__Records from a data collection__
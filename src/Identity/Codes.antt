-- ===== src/Identity/Codes.antt =====
-- Recovery codes are used as often as they were issued.
use nexa_panel.Prelude.{
  Bool, false, suc, ◌&&◌, ◌≤◌, ℕ, ◌+◌, ◌≡◌, inl, inr, refl, ap, sym, subst, ◌∙◌, true, Option, none,
  some, some_eq, List, [], ◌∷◌, map, Text, text_eq, text_eq_sound, text_eq_refl, arith, count_where,
  Bool-cases, Option-cases, if◌then◌else◌,
}
use nexa_panel.Identity.Model.{UserModel, Db, Principal}
use nexa_panel.Identity.Factor.{
  find_user, change_user, update_user, changes_one, mark_session, below, at_step, commit_totp,
  spend, same_hashes, holds, left_with, commit_recovery, verify_recovery, hashes_of,
}
use nexa_panel.Identity.Consumption.{
  Consumption, totp, recovery, consume, or_same, code_for, accepted_codes,
}

-- How often the hash stands in the account's row.
abbrev pub codes_left : Text → Text → Db → ℕ
codes_left id w db = count_where (λ h. text_eq h w) (hashes_of (find_user id db.users))

spend-count :
    (v w : Text) (hashes left : List Text)
    → spend v hashes ≡ some left
    → count_where (λ h. text_eq h w) left + (if text_eq v w then 1 else 0)
      ≡ count_where (λ h. text_eq h w) hashes
unfolding spend
spend-count v w [] left e = absurd (cc)
spend-count v w (hash ∷ hashes) left e = elim (Option-cases (spend v hashes)) [
  | inr (rest, more) ↦
      let l : hash ∷ rest ≡ left = some_eq (hash ∷ rest) left (sym (rw more refl) ∙ e) in
      subst
        (λ l.
          count_where (λ h. text_eq h w) l + (if text_eq v w then 1 else 0)
          ≡ count_where (λ h. text_eq h w) (hash ∷ hashes))
        l (omega (arith, spend-count v w hashes rest more))
  | inl last ↦ elim (Bool-cases (text_eq hash v)) [
    | inr differs ↦ absurd (none_some left (sym (rw (last, differs) refl) ∙ e))
    | inl same ↦
        let l : hashes ≡ left = some_eq hashes left (sym (rw (last, same) refl) ∙ e) in
        rw (sym l, text_eq_sound hash v same) (ground arith)
  ]
]
  where
    none_some : (left : List Text) → none ≡ some left → ⊥
    none_some left h = cc

find_user_sound :
    (id : Text) (users : List UserModel) (u : UserModel)
    → find_user id users ≡ some u
    → text_eq u.id id ≡ true
unfolding find_user
find_user_sound id [] u e = absurd (cc)
find_user_sound id (v ∷ users) u e = elim (Bool-cases (text_eq v.id id)) [
  | inl mine ↦
      subst (λ (x : UserModel). text_eq x.id id ≡ true) (some_eq v u (sym (rw mine refl) ∙ e)) mine
  | inr other ↦ find_user_sound id users u (sym (rw other refl) ∙ e)
]

abbrev mapped : (UserModel → UserModel) → Option UserModel → Option UserModel
mapped f none = none
mapped f (some u) = some (f u)

-- A change that keeps ids is made on the row that is found.
find_user-map :
    (id : Text) (f : UserModel → UserModel) (users : List UserModel)
    → ((u : UserModel) → (f u).id ≡ u.id)
    → find_user id (map f users) ≡ mapped f (find_user id users)
unfolding find_user
find_user-map id f [] k = refl
find_user-map id f (u ∷ users) k = elim (Bool-cases (text_eq u.id id)) [
  | inl mine ↦ rw (ap (λ i. text_eq i id) (k u) ∙ mine, mine) refl
  | inr other ↦ rw (ap (λ i. text_eq i id) (k u) ∙ other, other) (find_user-map id f users k)
]

same_hashes_refl : (hashes : List Text) → same_hashes hashes hashes ≡ true
same_hashes_refl [] = refl
same_hashes_refl (h ∷ hashes) = rw (text_eq_refl h, same_hashes_refl hashes) refl

module _ (id w : Text) where
  -- A step that is accepted leaves the codes alone.
  totp-codes_left :
      (person : Principal) (step now : ℕ) (db : Db)
      → codes_left id w (or_same db (commit_totp person step now db)) ≡ codes_left id w db
  unfolding commit_totp
  totp-codes_left person step now db = elim (Bool-cases (changes_one person.id (below step) db)) [
    | inr no_row ↦ rw no_row refl
    | inl one ↦
        rw (one, find_user-map id (change_user person.id (below step) (at_step step)) db.users kept)
          (ap (count_where (λ h. text_eq h w)) (same_codes (find_user id db.users)))
  ]
    where
      kept : (u : UserModel) → (change_user person.id (below step) (at_step step) u).id ≡ u.id
      kept u = ground arith

      same_codes :
          (u : Option UserModel)
          → hashes_of (mapped (change_user person.id (below step) (at_step step)) u) ≡ hashes_of u
      same_codes none = refl
      same_codes (some u) = ground arith

  -- The row of the account after the code was spent.
  spent_row :
      (pid : Text) (u : UserModel) (left : List Text) (db : Db)
      → find_user pid db.users ≡ some u
      → hashes_of (
          find_user id
            (map (change_user pid (holds u.recovery_code_hashes) (left_with left)) db.users))
        ≡ (if text_eq pid id then left else hashes_of (find_user id db.users))
  spent_row pid u left db found = find_ok ∙ elim (Bool-cases (text_eq pid id)) [
    | inl mine ↦ rw mine (own_row (text_eq_sound pid id mine))
    | inr other ↦ rw other (other_row other (find_user id db.users) refl)
  ]
    where
      g : UserModel → UserModel
      g = change_user pid (holds u.recovery_code_hashes) (left_with left)

      kept : (v : UserModel) → (g v).id ≡ v.id
      kept v = ground arith

      find_ok :
          hashes_of (find_user id (map g db.users)) ≡ hashes_of (mapped g (find_user id db.users))
      find_ok = ap hashes_of (find_user-map id g db.users kept)

      own_row : pid ≡ id → hashes_of (mapped g (find_user id db.users)) ≡ left
      own_row same =
          let found' : find_user id db.users ≡ some u =
            subst (λ i. find_user i db.users ≡ some u) same found in
          rw (found', find_user_sound pid db.users u found, same_hashes_refl u.recovery_code_hashes)
            refl

      other_row :
          text_eq pid id ≡ false
          → (v : Option UserModel) → find_user id db.users ≡ v
          → hashes_of (mapped g v) ≡ hashes_of v
      other_row other none e = refl
      other_row other (some v) e =
          let mine = text_eq_sound v.id id (find_user_sound id db.users v e) in
          ground (arith, text_eq_sound v.id pid, text_eq_refl id)

  -- What a transaction that was made takes from the codes of the account.
  made-takes :
      (pid wanted : Text) (db : Db) (u : UserModel) (left : List Text) (n : ℕ)
      → find_user pid db.users ≡ some u
      → spend wanted u.recovery_code_hashes ≡ some left
      → n
        ≤ count_where
            (λ h. text_eq h w)
            (hashes_of (
              find_user id
                (map (change_user pid (holds u.recovery_code_hashes) (left_with left)) db.users)))
      → (if text_eq pid id && text_eq wanted w then suc n else n) ≤ codes_left id w db
  made-takes pid wanted db u left n found sp le = elim (Bool-cases (text_eq pid id)) [
    | inr other ↦ rw other (
        subst (λ hs. n ≤ count_where (λ h. text_eq h w) hs)
          (spent_row pid u left db found ∙ rw other refl) le)
    | inl mine ↦
        let found' : find_user id db.users ≡ some u =
          subst (λ i. find_user i db.users ≡ some u) (text_eq_sound pid id mine) found in
        let le' : n ≤ count_where (λ h. text_eq h w) left =
          subst (λ hs. n ≤ count_where (λ h. text_eq h w) hs)
            (spent_row pid u left db found ∙ rw mine refl) le in
        rw (mine, found')
          (counted n (text_eq wanted w) _ _ le'
            (spend-count wanted w u.recovery_code_hashes left sp))
  ]
    where
      counted :
          (n : ℕ) (hit : Bool) (a b : ℕ)
          → n ≤ a
          → a + (if hit then 1 else 0) ≡ b
          → (if hit then suc n else n) ≤ b
      counted n true a b le e = omega arith
      counted n false a b le e = omega arith

  recovery-takes :
      (person : Principal) (wanted : Text) (now : ℕ) (db : Db) (user : Option UserModel)
      (left : Option (List Text)) (n : ℕ)
      → find_user person.id db.users ≡ user
      → spend wanted (hashes_of user) ≡ left
      → n ≤ codes_left id w (or_same db (commit_recovery person now user left db))
      → code_for id w (recovery person wanted now) (commit_recovery person now user left db) n
        ≤ codes_left id w db
  unfolding commit_recovery
  recovery-takes person wanted now db none left n found sp le = le
  recovery-takes person wanted now db (some u) none n found sp le = le
  recovery-takes person wanted now db (some u) (some left) n found sp le =
      made_or_not (changes_one person.id (holds u.recovery_code_hashes) db) le
    where
      new : Db
      new =
          mark_session person.session_id (some now)
            (update_user person.id (holds u.recovery_code_hashes) (left_with left) db)

      made_or_not :
          (one : Bool)
          → n ≤ codes_left id w (or_same db (if one then some new else none))
          → code_for id w (recovery person wanted now) (if one then some new else none) n
            ≤ codes_left id w db
      made_or_not true le = made-takes person.id wanted db u left n found sp le
      made_or_not false le = le

  -- Whatever codes of whatever accounts are consumed in whatever order, as long as no factor is replaced: a
  -- recovery code is accepted for an account at most as often as its hash stands in the account's row, which
  -- is once where the codes that were issued differ.
  pub accepted_codes-le-codes_left :
      (cs : List Consumption) (db : Db) → accepted_codes id w cs db ≤ codes_left id w db
  unfolding accepted_codes consume verify_recovery
  accepted_codes-le-codes_left [] db = omega arith
  accepted_codes-le-codes_left (totp person step now ∷ cs) db =
      subst (λ n. accepted_codes id w cs (or_same db (commit_totp person step now db)) ≤ n)
        (totp-codes_left person step now db)
        (accepted_codes-le-codes_left cs (or_same db (commit_totp person step now db)))
  accepted_codes-le-codes_left (recovery person wanted now ∷ cs) db =
      recovery-takes person wanted now db (find_user person.id db.users) _ _ refl refl
        (accepted_codes-le-codes_left cs _)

__Problem__
With the line holding "last ↦ elim" as the first and the line holding "find_user-map id f (u" as the last, set down that range of the entries above exactly, and nothing else.

__Response below__
  | inl last ↦ elim (Bool-cases (text_eq hash v)) [
    | inr differs ↦ absurd (none_some left (sym (rw (last, differs) refl) ∙ e))
    | inl same ↦
        let l : hashes ≡ left = some_eq hashes left (sym (rw (last, same) refl) ∙ e) in
        rw (sym l, text_eq_sound hash v same) (ground arith)
  ]
]
  where
    none_some : (left : List Text) → none ≡ some left → ⊥
    none_some left h = cc

find_user_sound :
    (id : Text) (users : List UserModel) (u : UserModel)
    → find_user id users ≡ some u
    → text_eq u.id id ≡ true
unfolding find_user
find_user_sound id [] u e = absurd (cc)
find_user_sound id (v ∷ users) u e = elim (Bool-cases (text_eq v.id id)) [
  | inl mine ↦
      subst (λ (x : UserModel). text_eq x.id id ≡ true) (some_eq v u (sym (rw mine refl) ∙ e)) mine
  | inr other ↦ find_user_sound id users u (sym (rw other refl) ∙ e)
]

abbrev mapped : (UserModel → UserModel) → Option UserModel → Option UserModel
mapped f none = none
mapped f (some u) = some (f u)

-- A change that keeps ids is made on the row that is found.
find_user-map :
    (id : Text) (f : UserModel → UserModel) (users : List UserModel)
    → ((u : UserModel) → (f u).id ≡ u.id)
    → find_user id (map f users) ≡ mapped f (find_user id users)
unfolding find_user
find_user-map id f [] k = refl
find_user-map id f (u ∷ users) k = elim (Bool-cases (text_eq u.id id)) [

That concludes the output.